World Poetry Day is observed every year on 21 March. Declared by UNESCO in 1999, this day celebrates the enduring power of poetry as a universal form of human expression.
What is poetry? To quote William Wordsworth, “Poetry is the spontaneous overflow of powerful feelings: it takes its origin from emotion recollected in tranquillity”. [1]
Such a definition describes Father Julian Tenison Woods as a poet. As a child, he gained a love for the arts from his mother and shared her enthusiasm for reading and writing poetry. [2]
Poetry takes many forms and much of Fr Julian’s prose is poetic in nature e.g.
The flowers unveil the hidden secrets of their beauty;
The stones reveal their crystalline structure
And the tiniest insects display wonders of mechanism.

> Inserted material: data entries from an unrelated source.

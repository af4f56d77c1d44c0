-- ===== src/Logger/Enabled.antt =====
-- internal/smsc/logger.go: which events a logger of a level lets through, and how they are written.
use smpp_smsc.Base.{ℕ, ◌≡◌, ◌∙◌, refl, List, [], Bytes, leb, nat_eq, arith}
use smpp_smsc.Logger.{
  LogLevel, trace_level, debug_level, info_level, warn_level, error_level, fatal_level,
  disable_level, LoggerOptions, Output, encoder_of, with_time_format,
}
use smpp_smsc.Logger.Zap.{Zap}
use smpp_smsc.Logger.Events.{
  log, debug_method, info_method, warn_method, error_method, fatal_method, ZapLogger, zap_level,
  new_event, trace, debug, info, warn, error, fatal, enabled, msg, with_str, builder_logger,
  new_logger_with_options,
}

-- The rank of a level: an event is let through from the rank of the logger's level on.
abbrev pub rank : LogLevel → ℕ
rank trace_level = 0
rank debug_level = 0
rank info_level = 1
rank warn_level = 2
rank error_level = 3
rank fatal_level = 4
rank disable_level = 5

module _ (zap : Zap) where
  abbrev Logger : Type 0
  Logger = ZapLogger zap

  -- The loggers made from a logger by WithStr and by builders.
  pub data Derived (l : Logger) : Logger → Type 0 where
    itself : Derived l l
    by_str : {m : Logger} (key val : Bytes) → Derived l m → Derived l (with_str zap key val m)
    by_builder :
        {m : Logger} (fields : List zap.Field)
        → Derived l m
        → Derived l (builder_logger zap (record { base = m.logger; fields = fields }))

  Derived-enabled :
      {l m : Logger} (level : ℕ)
      → Derived l m
      → zap.core_enabled m.logger level ≡ zap.core_enabled l.logger level
  unfolding with_str builder_logger
  Derived-enabled level itself = refl
  Derived-enabled level (by_str {m} key val d) =
      zap.core_enabled-with_fields m.logger _ level ∙ Derived-enabled level d
  Derived-enabled level (by_builder {m} fields d) =
      zap.core_enabled-with_fields m.logger fields level ∙ Derived-enabled level d

  new_logger-enabled :
      (output : Output) (level : LogLevel) (opts : LoggerOptions) (number : ℕ)
      → zap.core_enabled (new_logger_with_options zap output level opts).logger number
        ≡ leb (zap_level zap level) number
  unfolding new_logger_with_options
  new_logger-enabled output level opts number =
      zap.core_enabled-new_logger (encoder_of (with_time_format opts)) output _ number

  -- zap's five levels and the one above them stand in the order of the ranks.
  zap_level-rank :
      (level : LogLevel)
      → (leb (zap_level zap level) zap.debug_number ≡ leb (rank level) 0)
        × (leb (zap_level zap level) zap.info_number ≡ leb (rank level) 1)
        × (leb (zap_level zap level) zap.warn_number ≡ leb (rank level) 2)
        × (leb (zap_level zap level) zap.error_number ≡ leb (rank level) 3)
        × (leb (zap_level zap level) zap.fatal_number ≡ leb (rank level) 4)
  unfolding zap_level
  zap_level-rank trace_level =
      ground (arith, zap.debug_info, zap.info_warn, zap.warn_error, zap.error_fatal)
  zap_level-rank debug_level =
      ground (arith, zap.debug_info, zap.info_warn, zap.warn_error, zap.error_fatal)
  zap_level-rank info_level =
      ground (arith, zap.debug_info, zap.info_warn, zap.warn_error, zap.error_fatal)
  zap_level-rank warn_level =
      ground (arith, zap.debug_info, zap.info_warn, zap.warn_error, zap.error_fatal)
  zap_level-rank error_level =
      ground (arith, zap.debug_info, zap.info_warn, zap.warn_error, zap.error_fatal)
  zap_level-rank fatal_level =
      ground (arith, zap.debug_info, zap.info_warn, zap.warn_error, zap.error_fatal)
  zap_level-rank disable_level =
      ground (arith, zap.debug_info, zap.info_warn, zap.warn_error, zap.error_fatal)

  -- A logger of any level, and every logger derived from it, lets an event of Trace or Debug through
  -- exactly for the levels trace and debug, one of Info for these and info, one of Warn up to warn,
  -- one of Error up to error, and one of Fatal for every level but the one that disables.
  pub enabled_by_rank :
      (output : Output) (level : LogLevel) (opts : LoggerOptions) (m : Logger)
      → Derived (new_logger_with_options zap output level opts) m
      → (enabled zap (trace zap m) ≡ leb (rank level) 0)
        × (enabled zap (debug zap m) ≡ leb (rank level) 0)
        × (enabled zap (info zap m) ≡ leb (rank level) 1)
        × (enabled zap (warn zap m) ≡ leb (rank level) 2)
        × (enabled zap (error zap m) ≡ leb (rank level) 3)
        × (enabled zap (fatal zap m) ≡ leb (rank level) 4)
  unfolding enabled trace debug info warn error fatal new_event
  enabled_by_rank output level opts m d =
      let (d0, d1, d2, d3, d4) = zap_level-rank level in
      let at : (n : ℕ) → zap.core_enabled m.logger n ≡ leb (zap_level zap level) n =
        λ n. Derived-enabled n d ∙ new_logger-enabled output level opts n in
      (
        at zap.debug_number ∙ d0,
        at zap.debug_number ∙ d0,
        at zap.info_number ∙ d1,
        at zap.warn_number ∙ d2,
        at zap.error_number ∙ d3,
        at zap.fatal_number ∙ d4,
      )

  -- Msg writes an event by the method of its level.
  pub msg_by_level :
      (m : Logger) (t : Bytes)
      → (msg zap t (debug zap m) ≡ log debug_method m.logger t [])
        × (msg zap t (info zap m) ≡ log info_method m.logger t [])
        × (msg zap t (warn zap m) ≡ log warn_method m.logger t [])
        × (msg zap t (error zap m) ≡ log error_method m.logger t [])
        × (msg zap t (fatal zap m) ≡ log fatal_method m.logger t [])
  unfolding msg debug info warn error fatal new_event
  msg_by_level m t = ground (arith, zap.debug_info, zap.info_warn, zap.warn_error, zap.error_fatal)
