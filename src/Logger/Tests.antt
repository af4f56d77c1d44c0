-- ===== src/Logger/Tests.antt =====
-- A warning of a logger at level info, with a zap whose loggers are levels.
use smpp_smsc.Base.{ℕ, ◌≡◌, refl, true, false, Bytes, leb, arith}
use smpp_smsc.Text.{codes}
use smpp_smsc.Logger.{info_level, LoggerOptions, file, rfc3339}
use smpp_smsc.Logger.Zap.{Zap}
use smpp_smsc.Logger.Events.{
  ZapLogger, trace, debug, info, warn, error, fatal, enabled, with_str, new_logger_with_options,
}
use smpp_smsc.Logger.Enabled.{itself, by_str, enabled_by_rank}

abbrev levels_only : Zap
levels_only = record {
  ZLogger = ℕ;
  Field = Bytes;
  Int = ℕ;
  Time = ℕ;
  Error = Bytes;
  Any = Bytes;
  string_field = λ key val. key;
  int_field = λ key val. key;
  int64_field = λ key val. key;
  uint32_field = λ key val. key;
  uint64_field = λ key val. key;
  uint8_field = λ key val. key;
  bool_field = λ key val. key;
  duration_field = λ key val. key;
  time_field = λ key val. key;
  error_field = λ error. error;
  any_field = λ key val. key;
  binary_field = λ key val. key;
  debug_number = 0;
  info_number = 1;
  warn_number = 2;
  error_number = 3;
  fatal_number = 6;
  new_logger = λ e o threshold. threshold;
  with_fields = λ l fields. l;
  core_enabled = λ l level. leb l level;
  debug_info = omega arith;
  info_warn = omega arith;
  warn_error = omega arith;
  error_fatal = omega arith;
  core_enabled-new_logger = λ e o threshold level. refl;
  core_enabled-with_fields = λ l fields level. refl;
}

abbrev plain : LoggerOptions
plain = record { pretty = false; color = false; time_format = rfc3339 }

abbrev at_info : ZapLogger levels_only
at_info = new_logger_with_options levels_only (file false false) info_level plain

abbrev component : ZapLogger levels_only
component = with_str levels_only (codes "component") (codes "server") at_info

enabled_by_rank_example :
    (enabled levels_only (trace levels_only component) ≡ false)
    × (enabled levels_only (debug levels_only component) ≡ false)
    × (enabled levels_only (info levels_only component) ≡ true)
    × (enabled levels_only (warn levels_only component) ≡ true)
    × (enabled levels_only (error levels_only component) ≡ true)
    × (enabled levels_only (fatal levels_only component) ≡ true)
enabled_by_rank_example =
    enabled_by_rank levels_only (file false false) info_level plain component
      (by_str (codes "component") (codes "server") itself)
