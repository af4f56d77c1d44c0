-- ===== src/Message/Header.antt =====
-- The concatenation headers of utils.go: `ParseUDH`, `CreateUDH`, and the cut in `DecodeMessage`.
use smpp_smsc.Base.{ℕ, ◌%◌, ◌≤◌, ◌<◌, ◌≡◌, ap, some, ◌∷◌, ◌++◌, Bytes, arith, length}
use smpp_smsc.Wire.{GoSmpp}
use smpp_smsc.Message.{UdhInfo, parse_udh, create_udh, strip_udh, decode_body, decode_message}

-- A header that CreateUDH writes is read back by ParseUDH with any bytes behind it, when
-- 1 <= segment <= total < 256; the reference number is kept modulo 256.
pub parse_udh-create_udh :
    (message_ref total segment : ℕ) (rest : Bytes)
    → 1 ≤ segment
    → segment ≤ total
    → total < 256
    → parse_udh (create_udh message_ref total segment ++ rest)
      ≡ some (record {
        message_ref = message_ref % 256;
        total_segments = total;
        segment_number = segment;
      })
unfolding parse_udh create_udh
parse_udh-create_udh message_ref total segment rest h k l = ground arith

-- Whatever ParseUDH accepts has a segment number from 1 to the total, and is longer than the
-- header that it announces, so that cutting `data[0] + 1` bytes off stays in range.
parse_udh_bounds :
    (n : ℕ) (rest : Bytes) (u : UdhInfo)
    → parse_udh (n ∷ rest) ≡ some u
    → (1 ≤ u.segment_number) × (u.segment_number ≤ u.total_segments) × (n ≤ length rest)
unfolding parse_udh
parse_udh_bounds n rest u h = ground arith

strip_udh-create_udh :
    (message_ref total segment : ℕ) (body : Bytes)
    → strip_udh (create_udh message_ref total segment ++ body) ≡ body
unfolding strip_udh create_udh
strip_udh-create_udh message_ref total segment body = ground arith

-- DecodeMessage of a segment, a header that CreateUDH wrote before a body, is what it makes of the
-- body alone, whatever the data coding.
pub decode_message-create_udh :
    (lib : GoSmpp) (message_ref total segment : ℕ) (body : Bytes) (data_coding : ℕ)
    → decode_message lib (create_udh message_ref total segment ++ body) data_coding
      ≡ decode_body lib body data_coding
unfolding decode_message create_udh
decode_message-create_udh lib message_ref total segment body data_coding =
    ap (λ m. decode_body lib m data_coding) (strip_udh-create_udh message_ref total segment body)
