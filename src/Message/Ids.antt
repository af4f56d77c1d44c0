-- ===== src/Message/Ids.antt =====
-- Message IDs as text, in utils.go: `BuildMessageIDFromClock` and `ParseMessageID`.
use smpp_smsc.Base.{
  ℕ, zero, suc, ◌+◌, ◌-◌, ◌*◌, ◌/◌, ◌%◌, ◌^◌, ◌≤◌, ◌<◌, ◌≡◌, ◌≢◌, refl, ap, ◌∙◌, Option, none, some,
  [], ◌∷◌, ◌++◌, Bytes, leb, false, if◌then◌else◌, length, length-append, length-drop,
  length-replicate, take, drop, replicate, arith,
}
use smpp_smsc.Base.Decimal.{
  decimal, decimal_from, padded, parse_uint, digits_value, digits_value-decimal, digits_value-zeros,
  digits_value-lt, length-decimal_from, length-decimal_pos,
}

unfoldable pub build_message_id_from_clock : ℕ → ℕ → Bytes
build_message_id_from_clock clock counter = decimal clock ++ padded 8 counter

both : Option ℕ → Option ℕ → Option (ℕ × ℕ)
both none counter = none
both (some clock) none = none
both (some clock) (some counter) = some (clock, counter)

-- `none` is an error: too short, or a half that ParseUint refuses.
unfoldable pub parse_message_id : Bytes → Option (ℕ × ℕ)
unfolding both
parse_message_id message_id =
    if leb (length message_id) 8
    then none
    else both (parse_uint (2 ^ 64) (take (length message_id - 8) message_id))
        (parse_uint (2 ^ 32) (drop (length message_id - 8) message_id))

length-padded : (counter : ℕ) → counter < 100_000_000 → length (padded 8 counter) ≡ 8
unfolding padded decimal
length-padded counter h = omega (
  arith,
  length-append (replicate (8 - length (decimal counter)) 48) (decimal counter),
  length-replicate {A = ℕ} (8 - length (decimal counter)) 48,
  length-decimal_from 7 (suc counter) counter [],
)

digits_value-padded : (counter : ℕ) → digits_value 0 (padded 8 counter) ≡ some counter
unfolding padded
digits_value-padded counter =
    digits_value-zeros (8 - length (decimal counter)) (decimal counter)
    ∙ digits_value-decimal counter

parse_uint-digits :
    (bound n : ℕ) (s : Bytes)
    → 0 < length s
    → digits_value 0 s ≡ some n
    → n < bound
    → parse_uint bound s ≡ some n
unfolding parse_uint
parse_uint-digits bound n [] h e k = elim h [ ]
parse_uint-digits bound n (c ∷ s) h e k = ground arith

take-append : (k : ℕ) (s r : Bytes) → length s ≡ k → take k (s ++ r) ≡ s
take-append zero [] r h = refl
take-append zero (c ∷ s) r h = absurd (omega arith)
take-append (suc k) [] r h = absurd (omega arith)
take-append (suc k) (c ∷ s) r h = ap (◌∷◌ c) (take-append k s r (omega arith))

drop-append : (k : ℕ) (s r : Bytes) → length s ≡ k → drop k (s ++ r) ≡ r
drop-append zero [] r h = refl
drop-append zero (c ∷ s) r h = absurd (omega arith)
drop-append (suc k) [] r h = absurd (omega arith)
drop-append (suc k) (c ∷ s) r h = drop-append k s r (omega arith)

decimal_pos : (n : ℕ) → 0 < length (decimal n)
unfolding decimal decimal_from
decimal_pos n = ground (arith, length-decimal_pos n (n / 10) ((48 + n % 10) ∷ []))

parse_message_id_split :
    (s r : Bytes)
    → 0 < length s
    → length r ≡ 8
    → parse_message_id (s ++ r) ≡ both (parse_uint (2 ^ 64) s) (parse_uint (2 ^ 32) r)
unfolding parse_message_id
parse_message_id_split s r h k =
    let e : length (s ++ r) ≡ length s + 8 = omega (arith, length-append s r) in
    let f : length (s ++ r) - 8 ≡ length s = omega arith in
    let long : leb (length (s ++ r)) 8 ≡ false = ground arith in
    rw (long, f, take-append (length s) s r refl, drop-append (length s) s r refl)

parse_uint→digits :
    (bound n : ℕ) (s : Bytes) → parse_uint bound s ≡ some n → digits_value 0 s ≡ some n
unfolding parse_uint
parse_uint→digits bound n [] e = cc
parse_uint→digits bound n (c ∷ s) e = ground arith

parse_message_id_halves :
    (x : Bytes) (clock counter : ℕ)
    → parse_message_id x ≡ some (clock, counter)
    → (8 < length x) × (parse_uint (2 ^ 32) (drop (length x - 8) x) ≡ some counter)
unfolding parse_message_id
parse_message_id_halves x clock counter e = ground arith

-- ParseMessageID reads back what BuildMessageIDFromClock wrote, for a 64-bit clock and a counter of
-- at most eight digits.
pub parse_message_id-build :
    (clock counter : ℕ)
    → clock < 2 ^ 64
    → counter < 100_000_000
    → parse_message_id (build_message_id_from_clock clock counter) ≡ some (clock, counter)
unfolding build_message_id_from_clock
parse_message_id-build clock counter h k =
    parse_message_id_split (decimal clock) (padded 8 counter) (decimal_pos clock)
      (length-padded counter k)
    ∙ unfold both in
      rw (
        parse_uint-digits (2 ^ 64) clock (decimal clock) (decimal_pos clock)
            (digits_value-decimal clock) h,
        parse_uint-digits (2 ^ 32) counter (padded 8 counter)
            (omega (arith, length-padded counter k)) (digits_value-padded counter) (omega arith),
      )

-- A 32-bit counter of nine or ten digits is never read back: the number grows into the clock's
-- digits.
parse_message_id_overflow :
    (clock counter : ℕ)
    → 100_000_000 ≤ counter
    → parse_message_id (build_message_id_from_clock clock counter) ≢ some (clock, counter)
parse_message_id_overflow clock counter h e =
    let m : Bytes = build_message_id_from_clock clock counter in
    let (long, half) = parse_message_id_halves m clock counter e in
    let eight : length (drop (length m - 8) m) ≡ 8 = omega (arith, length-drop (length m - 8) m) in
    let below : counter < (0 + 1) * 10 ^ length (drop (length m - 8) m) =
      digits_value-lt (drop (length m - 8) m) 0 counter
        (parse_uint→digits (2 ^ 32) counter _ half) in
    let small : counter < (0 + 1) * 10 ^ 8 = rw eight at below in absurd (omega arith)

Julian Tenison Woods, From Notes made in North Australia, Sydney Mail, 17 July 1880
However, he did consciously slow down and express his emotions in simple lines of poetry and hymns, such as found in a book published in 1890.[3] The pages in this little book reveal how Fr Julian’s prayer time flowed into creative writing. There are a number of poems/songs devoted to Mary, Mother of God. The language is that of a son grateful for his heavenly Mother, sympathising with her pain and longing to be with her. Perhaps reminiscent of the loss of his own mother when he was only 15?
There are also poems/songs to the Sacred Heart and reflections on Jesus and the Way of the Cross. Perhaps writing poetry was a way of dealing with the suffering and rejection he felt throughout his life e.g.
Yes amid all my crosses,
The hardest to bear
Are the fears and reproaches
Of those who would share
My love for my Mother,
My faith in Her Name,
But in darkness and doubt
Think me only to blame.
From I’ll Trust to My Mother written at Hobarton, Feast of Sacred Heart, (4 June) 1875
Fr Julian’s poetry also reveals a longing for death, not as a morbid preoccupation but as a way to finally be united with his God. One poem on this theme gives one pause for reflection:
An Ode to Death
Call it not death. Evening has come
But day shines on a distant shore,
The sun’s bright glory still goes on,
For evermore.
Call it not sleep. True life begins
When eyelids close nor heaves the breast,
The tired soul the conquest winds,
And endless rest.
Yet call it death. Yes death to grief.
And pain and sorrow, strife and tears,
All, all will seem now less than brief,
‘Mid endless years.
Yet call it sleep. Life’s fever o’er,
Like children sink we down to rest,
And dream real dreams for evermore,
Amid the blest.
No, call it life. All else is death,
From this sad clay of death we’re freed,
Say only we resign our breath
To live indeed.
Come then sweet life, whom men call death,
Come joy, whom earthly men call pain,
Come breathing life and take my breath,
And break my chain.
I long to live, I long to die,
I pine to quit this earthly clod,
Give me an angel’s wing to fly,
And be with God.
An Ode to Death written at Honeywood, 8 March 1876
During his time as parish priest of Penola, Fr Julian met and became friends with Adam Lindsay Gordon, arguably one of Australia’s finest poets. They discovered they shared a love of poetry and poets and from their first meeting over supper at a cattle station in 1857, they often rode together reciting poetry they knew by heart. What an enjoyable and invigorating way to pass the time!
Poetry was an integral part of Fr Julian – it flowed from his prayer and spirituality and embellished his essays and descriptions of the environment. In a harsh and unforgiving new land, poetry was a refuge and an expression of his deepest self.
Carmel Jones rsj
[1] From the Preface to Lyrical Ballads, an essay composed by William Wordsworth for the second edition published in 1800 of the poetry collection, Lyrical Ballads.
[2] Isabel Hepburn in No Ordinary Man (1979) tells that Mrs Woods’ favourite poet was William Cowper and that Julian learnt many poems by Scott, Moore, Dryden and Pope by heart as well as being encouraged to write his own.
[3] Hymns and Sacred Poems by Father Julian E Tenison Woods, compiled in Alvernia, Sydney in 1890. Accessed from the Tasmanian Archives of the Sisters of Saint Joseph.